What this means for media buyers and for the publishers being cited

For CMOs, media buyers, and agencies: budget against inventory that exists

Stop setting citation share targets before checking whether the answers exist to be cited in. A citation programme in education or health is competing for a pool where fewer than one answer in twenty carries a link, and no amount of content changes that denominator. Pull the topic-level citation rate for your category first, size the earned pool honestly, and route the remainder into paid placement inside the answer and into the source types that actually get cited in your vertical. In beauty that is retail and e-commerce properties at over half of citations; in finance it is finance-specific sites and news outlets. There is no single playbook, and treating one as if there were is how budget gets burned.

For publishers: 26% of the answer and no line on the rate card

News and publisher sites accounted for 26.0% of ChatGPT's citations in Similarweb's May sample, second only to reviews and user-generated content at 28.9%. Professional publishing is therefore the second-largest supplier of the answer layer while holding no position in how that layer is monetized, and in travel, the citation-richest category of all, reviews and UGC took 54.1% of citations. The lesson is not to publish more. It is to price the citation itself, as disclosed sponsored inventory inside the answers your content already grounds, because the alternative is having your supply volume set annually by a dial you cannot see.

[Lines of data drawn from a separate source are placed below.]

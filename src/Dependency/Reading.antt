-- ===== src/Dependency/Reading.antt =====
-- The loop of `Deserialize` of BinaryDependencyInfo.cpp.
use xcbuild.Prelude.{
  ℕ, true, false, ◌≡◌, refl, ap, ◌∙◌, Option, none, some, [], ◌∷◌, ◌++◌, ◌==◌, append_assoc,
  append-nil, Every,
}
use xcbuild.Prelude.Text.{Bytes}
use xcbuild.Dependency.{BinaryDependencyInfo, execute, at_command, in_string, read_from}

-- No NUL, which ends a string in the file.
abbrev pub IsNulFree : Bytes → Type 0
IsNulFree = Every (λ c. (c == 0) ≡ false)

-- What comes of the command and of all behind it.
unfoldable pub continue_with :
    ℕ → Bytes → BinaryDependencyInfo → Bytes → Option BinaryDependencyInfo
continue_with command string info rest = elim (execute command string info) [
  | none ↦ none
  | some info' ↦ read_from at_command info' rest
]

pub read_from-in_string :
    (command : ℕ) (string more : Bytes) (info : BinaryDependencyInfo) (rest : Bytes)
    → IsNulFree more
    → read_from (in_string command string) info (more ++ 0 ∷ rest)
      ≡ continue_with command (string ++ more) info rest
unfolding read_from continue_with
read_from-in_string command string [] info rest h = rw (append-nil string) refl
read_from-in_string command string (c ∷ more) info rest h = rw h.0 (
    read_from-in_string command (string ++ c ∷ []) more info rest h.1
    ∙ ap (λ s. continue_with command s info rest) (append_assoc string (c ∷ []) more))

pub read_from-byte :
    (command : ℕ) (string : Bytes) (info : BinaryDependencyInfo) (c : ℕ) (rest : Bytes)
    → (c == 0) ≡ false
    → read_from (in_string command string) info (c ∷ rest)
      ≡ read_from (in_string command (string ++ c ∷ [])) info rest
unfolding read_from
read_from-byte command string info c rest n = rw n refl

pub read_from-nul :
    (command : ℕ) (string : Bytes) (info : BinaryDependencyInfo) (c : ℕ) (rest : Bytes)
    → (c == 0) ≡ true
    → read_from (in_string command string) info (c ∷ rest) ≡ continue_with command string info rest
unfolding read_from continue_with
read_from-nul command string info c rest n = rw n refl

pub continue_with-none :
    (command : ℕ) (string : Bytes) (info : BinaryDependencyInfo) (rest : Bytes)
    → execute command string info ≡ none
    → continue_with command string info rest ≡ none
unfolding continue_with
continue_with-none command string info rest e = rw (continue_with, e) refl

pub continue_with-some :
    (command : ℕ) (string : Bytes) (info next : BinaryDependencyInfo) (rest : Bytes)
    → execute command string info ≡ some next
    → continue_with command string info rest ≡ read_from at_command next rest
unfolding continue_with
continue_with-some command string info next rest e = rw (continue_with, e) refl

Three signals to watch through 2027

Three things will tell you when the answer layer becomes a real market. First, whether any engine commits to a citation floor or a usage-based licensing term, which would convert an allowance into an obligation. Second, whether the gap between sponsored density and organic citation density in commercial categories keeps widening, because if it does, the answer layer prices before it opens. Third, whether the topic gradient hardens: if travel and retail get citation-rich answers while education and health stay under 5%, the agentic web splits into a cited economy and an uncited one, and entire publishing sectors are excluded by architecture rather than by quality.

Conclusion

Hold on to this: AI Search citation rates are an inventory level controlled by the engine, not a ranking signal you can move, and a market built on an unpriced allowance will eventually be priced by whoever gets there first. Smalk AI exists to price it properly, as generative engine advertising that places native ads for AI agents and pays the media sources whose content grounds those answers. Watch for the first engine or coalition to publish a citation commitment with a number attached, because that is the day the allowance becomes inventory and everyone starts bidding for it.